Mixed byte & Unicode support

VA Smalltalk is a "100% VisualAge compatible" IDE that includes the original VisualAge technology and the popular VA Assist and WidgetKit add-ons.

Moderators: Eric Clayberg, wembley, tc, Diane Engles, solveig

Mixed byte & Unicode support

Postby Garv » Mon Aug 31, 2009 12:56 pm

Hi,

Can someone provide some feedback as to the level of support provided in VA Smalltalk for both mixed byte (english + 1 other language) and Unicode? We're planning to localize our Smalltalk application in the near future for the Asian and European markets.

Any VA Smalltalk related tips from people who have gone through this process would be greatly appreciated.

Thanks
Garv
 
Posts: 7
Joined: Thu May 10, 2007 11:05 am

Re: Mixed byte & Unicode support

Postby tc » Wed Sep 02, 2009 10:32 am

Hello,

I can answer the part about Asian languages, etc. VA ST uses something called '.mpr' files to hold the strings in the language of your choice. So different countries would get different mpr files. If you search the documentation for 'building .mpr files', it has a full explanation of what they are and how to use them. A few pages after that has an example that uses everything you read.

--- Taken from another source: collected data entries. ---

-- ===== src/MyBash/Pipeline/Print.antt =====
-- What `pipeline_to_string` writes.
use mathlib.Core.List.{append_assoc, append-nil}
use fa_maf_sis_op.Prelude.{
  ℕ, suc, ◌<◌, ◌≡◌, refl, sym, ap, ◌∙◌, Bool, true, false, not, ◌||◌, some, List, [], ◌∷◌, ◌++◌,
  map, arith, ltb, lt→ltb, if◌then◌else◌, length, length-append, All, Text, IsText, codes,
}
use fa_maf_sis_op.MyBash.GQueue.{GQueue, IsGQueue, peek_nth-view}
use fa_maf_sis_op.MyBash.Run.{pure, ◌>>=◌, assert, result, result->>=, result-logged}
use fa_maf_sis_op.MyBash.StrExtra.{strlen, strlen-length}
use fa_maf_sis_op.MyBash.Scommand.{Scommand, scommand_to_string, str_append}
use fa_maf_sis_op.MyBash.Scommand.Laws.{Simple, simple}
use fa_maf_sis_op.MyBash.Scommand.Print.{
  join, followed, scommand_text, scommand_text-IsText, scommand_to_string_lem, result-str_append,
  IsTextPtr, IsText-append, join-IsText,
}
use fa_maf_sis_op.MyBash.Pipeline.{
  Pipeline, pipeline_is_empty, pipeline_length, append_command, append_scommands,
  pipeline_to_string,
}
use fa_maf_sis_op.MyBash.Pipeline.Laws.{pipeline_observers}

-- Words and names without NULs.
pub record HasTexts (c : Simple) : Type 0 where
  pub words : All IsText c.words
  pub redir_out : IsTextPtr c.redir_out
  pub redir_in : IsTextPtr c.redir_in

unfoldable pub command_text : Simple → Text
command_text c = scommand_text c.words c.redir_out c.redir_in

unfoldable pub background_text : Bool → Text
background_text wait = if wait then [] else codes " &"

-- The command line of a pipeline.
unfoldable pub pipeline_text : List Simple → Bool → Text
unfolding background_text
pipeline_text cs wait = join (codes " | ") (map command_text cs) ++ background_text wait

command_text-IsText : {c : Simple} → HasTexts c → IsText (command_text c)
unfolding command_text
command_text-IsText {c} h =
    scommand_text-IsText c.words c.redir_out c.redir_in h.words h.redir_out h.redir_in

command_texts-IsText : (cs : List Simple) → All HasTexts cs → All IsText (map command_text cs)
command_texts-IsText [] h = tt
command_texts-IsText (c ∷ cs) h = (command_text-IsText h.0, command_texts-IsText cs h.1)

module _ {g : GQueue} (l : IsGQueue g) where
  append_command_lem :
      (spaced : Text) (c : Scommand g)
      → IsText spaced
      → HasTexts (simple c)
      → result (append_command g spaced (some c)) ≡ some (spaced ++ command_text (simple c))
  unfolding append_command command_text
  append_command_lem spaced c hs h =
      result-logged [] _
      ∙ result->>= (scommand_to_string g c) _
          (scommand_to_string_lem l c h.words h.redir_out h.redir_in)
      ∙ result->>= (str_append spaced (some (command_text (simple c)))) _
          (result-str_append spaced (command_text (simple c)) hs (command_text-IsText h))

  append_scommands_round :
      (q : g.Queue (Scommand g)) (c : Scommand g) (acc : Text) (n i : ℕ)
      → 0 < i
      → g.peek_nth q i ≡ some c
      → IsText acc
      → HasTexts (simple c)
      → result (append_scommands g q (suc n) i acc)
        ≡ result (append_scommands g q n (suc i) (acc ++ codes " | " ++ command_text (simple c)))
  unfolding append_scommands
  append_scommands_round q c acc n i pos e ha h =
      rw (lt→ltb 0 i pos, e)
        (result->>= (str_append acc (some (codes " | "))) _
            (result-str_append acc (codes " | ") ha (omega arith))
          ∙ result->>= (append_command g (acc ++ codes " | ") (some c))
              (append_scommands g q n (suc i))
              (append_command_lem (acc ++ codes " | ") c
                (IsText-append acc (codes " | ") ha (omega arith)) h))

  append_scommands_later :
      (q : g.Queue (Scommand g)) (pre rest : List (Scommand g)) (acc : Text) (i : ℕ)
      → g.view q ≡ pre ++ rest
      → i ≡ length pre
      → 0 < i
      → All HasTexts (map simple rest)
      → IsText acc
      → result (append_scommands g q (length rest) i acc)
        ≡ some (acc ++ followed (codes " | ") (map command_text (map simple rest)))
  unfolding followed
  append_scommands_later q pre [] acc i e h pos hr ha = unfold append_scommands in rw append-nil
  append_scommands_later q pre (c ∷ rest) acc i e h pos hr ha =
      append_scommands_round q c acc (length rest) i pos (peek_nth-view l q pre c rest i e h) ha
        hr.0
      ∙ append_scommands_later q (pre ++ c ∷ []) rest
          (acc ++ codes " | " ++ command_text (simple c)) (suc i)
          (e ∙ sym (append_assoc pre (c ∷ []) rest)) (omega (arith, length-append pre (c ∷ [])))
          (omega arith) hr.1
          (IsText-append (acc ++ codes " | ") (command_text (simple c))
            (IsText-append acc (codes " | ") ha (omega arith)) (command_text-IsText hr.0))
      ∙ simp append_assoc

  append_scommands_lem :
      (q : g.Queue (Scommand g)) (cs : List (Scommand g))
      → g.view q ≡ cs
      → All HasTexts (map simple cs)
      → result (append_scommands g q (length cs) 0 [])
        ≡ some (join (codes " | ") (map command_text (map simple cs)))
  unfolding append_scommands join
  append_scommands_lem q [] e h = refl
  append_scommands_lem q (c ∷ rest) e h = rw (peek_nth-view l q [] c rest 0 e refl) (
      result-logged [] (append_command g [] (some c) >>= append_scommands g q (length rest) 1)
      ∙ result->>= (append_command g [] (some c)) (append_scommands g q (length rest) 1)
          (append_command_lem [] c tt h.0)
      ∙ append_scommands_later q (c ∷ []) rest (command_text (simple c)) 1 e refl (omega arith) h.1
          (command_text-IsText h.0))

  -- The flag of `pipeline_to_string`: a pipeline that is not waited for ends in `&`.
  background_lem :
      (acc : Text) (wait : Bool)
      → IsText acc
      → result (if not wait then str_append acc (some (codes " &")) else pure acc)
        ≡ some (acc ++ background_text wait)
  unfolding background_text
  background_lem acc true ha = rw append-nil
  background_lem acc false ha = result-str_append acc (codes " &") ha (omega arith)

  closing_assert :
      (empty wait : Bool) (commands : Text)
      → IsText commands
      → (empty || wait || ltb 0 (strlen (commands ++ background_text wait))) ≡ true
  unfolding background_text
  closing_assert empty true commands h = ground arith
  closing_assert empty false commands h = ground (
    arith,
    strlen-length (commands ++ codes " &") (IsText-append commands (codes " &") h (omega arith)),
    length-append commands (codes " &"),
  )

-- `pipeline_to_string` fails no `assert`, stays within every buffer, and gives the texts of the
-- commands with ` | ` between them, then ` &` if the pipeline is not waited for; the words and names
-- of every command are C strings.
pub pipeline_to_string_lem :
    {g : GQueue} (l : IsGQueue g) (p : Pipeline g)
    → All HasTexts (map simple (g.view p.scommands))
    → result (pipeline_to_string g p)
      ≡ some (pipeline_text (map simple (g.view p.scommands)) p.wait)
unfolding pipeline_to_string pipeline_text
pipeline_to_string_lem {g} l p h =
    result->>= (pipeline_length g p) _ (ap result (pipeline_observers l p 0).1)
    ∙ result->>= (append_scommands g p.scommands (length (g.view p.scommands)) 0 []) _
        (append_scommands_lem l p.scommands (g.view p.scommands) refl h)
    ∙ result->>= (if not p.wait then str_append commands (some (codes " &")) else pure commands) _
        (background_lem l commands p.wait commands-IsText)
    ∙ result->>= (assert _) _ (
        ap (λ b. result (assert b))
          (closing_assert l (pipeline_is_empty g p) p.wait commands commands-IsText))
  where
    commands : Text
    commands = join (codes " | ") (map command_text (map simple (g.view p.scommands)))

    commands-IsText : IsText commands
    commands-IsText =
        join-IsText (codes " | ") (map command_text (map simple (g.view p.scommands))) (omega arith)
          (command_texts-IsText (map simple (g.view p.scommands)) h)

So, instead of 'System message: 'Enter name:', the code would be 'System message: 'Ms1234' and 'Ms1234' would be a reference to a string in an mpr file.

Internally, there is a class DBString which handles double byte characters.

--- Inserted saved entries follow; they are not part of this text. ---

-- ===== src/MyBash/Tests.antt =====
-- Concrete inputs for lab01/sistop-famaf-so25lab1g34: a parser over lists of symbols, and the
-- theorems about commands, pipelines and the parser loop where their hypotheses hold.
mod Sample
mod Commands
mod Lines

We have customers currently selling products (the same product) in multi-byte languages, in Asia, and single byte languages, in Europe.

--tc
tc
Moderator
 
Posts: 304
Joined: Tue Oct 17, 2006 7:40 am
Location: Raleigh, NC

Re: Mixed byte & Unicode support

Postby marten » Wed Sep 02, 2009 10:40 am

tc wrote:Hello,

I can answer the part about Asian languages, etc. VA ST uses something called '.mpr' files to hold the strings in the language of your choice.

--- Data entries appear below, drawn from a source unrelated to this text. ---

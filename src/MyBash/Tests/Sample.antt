-- ===== src/MyBash/Tests/Sample.antt =====
-- A parser that does what parser.h says, over a list of symbols, and sample commands.
use fa_maf_sis_op.Prelude.{
  ◌≡◌, refl, ◌∙◌, ap, false, Option, none, some, List, [], ◌∷◌, Text, codes,
}
use fa_maf_sis_op.MyBash.GQueue.{list_queue}
use fa_maf_sis_op.MyBash.Scommand.{Scommand}
use fa_maf_sis_op.MyBash.Pipeline.{Pipeline}
use fa_maf_sis_op.MyBash.Parser.{
  ArgKind, arg_normal, kind_of, Redirect, Symbol, word, redirect, bar, ampersand, blank, newline,
  drop_blanks, after_line, has_garbage, is_bar, is_ampersand, behind, is_nil, NoWord, Stops,
  ParserApi, IsParser,
}
use fa_maf_sis_op.MyBash.Parsing.Line.{drop_blanks-SameLine}

abbrev operand : Redirect → List Symbol → Option Text × ArgKind × List Symbol
operand r [] = (none, kind_of r, [])
operand r (word w ∷ s) = (some w, kind_of r, s)
operand r (redirect r' ∷ s) = (none, kind_of r, redirect r' ∷ s)
operand r (bar ∷ s) = (none, kind_of r, bar ∷ s)
operand r (ampersand ∷ s) = (none, kind_of r, ampersand ∷ s)
operand r (blank ∷ s) = (none, kind_of r, blank ∷ s)
operand r (newline ∷ s) = (none, kind_of r, newline ∷ s)

abbrev argument : List Symbol → Option Text × ArgKind × List Symbol
argument [] = (none, arg_normal, [])
argument (word w ∷ s) = (some w, arg_normal, s)
argument (redirect r ∷ s) = operand r (drop_blanks s)
argument (bar ∷ s) = (none, arg_normal, bar ∷ s)
argument (ampersand ∷ s) = (none, arg_normal, ampersand ∷ s)
argument (blank ∷ s) = (none, arg_normal, blank ∷ s)
argument (newline ∷ s) = (none, arg_normal, newline ∷ s)

abbrev pub list_parser : ParserApi
list_parser = record {
  Parser = List Symbol;
  next_argument = λ s t. argument s;
  op_background = λ s. (is_ampersand s, behind (is_ampersand s) s);
  op_pipe = λ s. (is_bar s, behind (is_bar s) s);
  garbage = λ s. (has_garbage s, after_line s);
  skip_blanks = drop_blanks;
  at_eof = is_nil;
  view = λ s. s;
}

operand-none : (r : Redirect) (s : List Symbol) → NoWord s → operand r s ≡ (none, kind_of r, s)
operand-none r [] h = refl
operand-none r (word w ∷ s) h = absurd h
operand-none r (redirect r' ∷ s) h = refl
operand-none r (bar ∷ s) h = refl
operand-none r (ampersand ∷ s) h = refl
operand-none r (blank ∷ s) h = refl
operand-none r (newline ∷ s) h = refl

argument-Stops : (s : List Symbol) → Stops s → argument s ≡ (none, arg_normal, s)
argument-Stops [] h = absurd h
argument-Stops (word w ∷ s) h = absurd h
argument-Stops (redirect r ∷ s) h = absurd h
argument-Stops (bar ∷ s) h = refl
argument-Stops (ampersand ∷ s) h = refl
argument-Stops (blank ∷ s) h = absurd h
argument-Stops (newline ∷ s) h = refl

pub list_parser-IsParser : IsParser list_parser
list_parser-IsParser = record {
  at_eof_lem = λ p. refl;
  skip_blanks_lem = λ p h. refl;
  argument_word = λ p t w s e. (s, ap argument e, refl);
  argument_redirect = λ p t r w s s' e d. (s', ap argument e ∙ ap (operand r) d, refl);
  argument_missing = λ p t r s e h n.
      let same = drop_blanks-SameLine s h in
      (
        drop_blanks s,
        ap argument e ∙ operand-none r (drop_blanks s) n,
        same.rest,
        same.has_line,
        same.shorter,
      );
  argument_end = λ p t h. (p, argument-Stops p h, refl);
  op_pipe_lem = λ p h. (refl, refl);
  op_background_lem = λ p h. (refl, refl);
  garbage_lem = λ p h. (refl, refl);
}

-- ls -l > out
abbrev pub ls : Scommand list_queue
ls = record {
  words = codes "ls" ∷ codes "-l" ∷ [];
  redir_out = some (codes "out");
  redir_in = none;
}

-- wc < in
abbrev pub wc : Scommand list_queue
wc = record { words = codes "wc" ∷ []; redir_out = none; redir_in = some (codes "in") }

-- ls -l > out | wc < in &
abbrev pub ls_wc : Pipeline list_queue
ls_wc = record { scommands = ls ∷ wc ∷ []; wait = false }

-- The same as a line, with more input behind it.
abbrev pub ls_wc_line : List Symbol
ls_wc_line =
    blank
    ∷ word (codes "ls")
    ∷ blank
    ∷ word (codes "-l")
    ∷ blank
    ∷ redirect Redirect.output
    ∷ blank
    ∷ word (codes "out")
    ∷ blank
    ∷ bar
    ∷ blank
    ∷ word (codes "wc")
    ∷ blank
    ∷ redirect Redirect.input
    ∷ blank
    ∷ word (codes "in")
    ∷ blank
    ∷ ampersand
    ∷ newline
    ∷ word (codes "next")
    ∷ []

And If I remember correctly ... also the code page ... which means, that you may use the same mpr file (for one language) in different code pages ( ... platforms).

Marten
Marten Feldtmann, Principal Smalltalk User, Private
SkypeMe callto://marten.feldtmann
marten
[|]
 
Posts: 641
Joined: Sat Oct 14, 2006 7:10 am
Location: Hamburg - Germany

Re: Mixed byte & Unicode support

Postby tc » Wed Sep 02, 2009 11:28 am

Hello,

I forgot to mention the code page but it is talked about in the documentation I mentioned. When I did some work in multi-byte languages, the only issue I had was making sure the code page for the language wanted was in the abt.ini file.

--tc
tc
Moderator
 
Posts: 304
Joined: Tue Oct 17, 2006 7:40 am
Location: Raleigh, NC

Re: Mixed byte & Unicode support

Postby Garv » Fri Oct 23, 2009 6:06 am

Hi,

Thanks for the feedback. Looks like double-byte will work. Any thoughts on unicode? i.e. a single code page which can be used for all languages? We have a need to support communications to applications which maybe in different code pages using a single Smalltalk application. i.e. We maybe getting values in French, Japanese, Chinese, etc all coming into a single image.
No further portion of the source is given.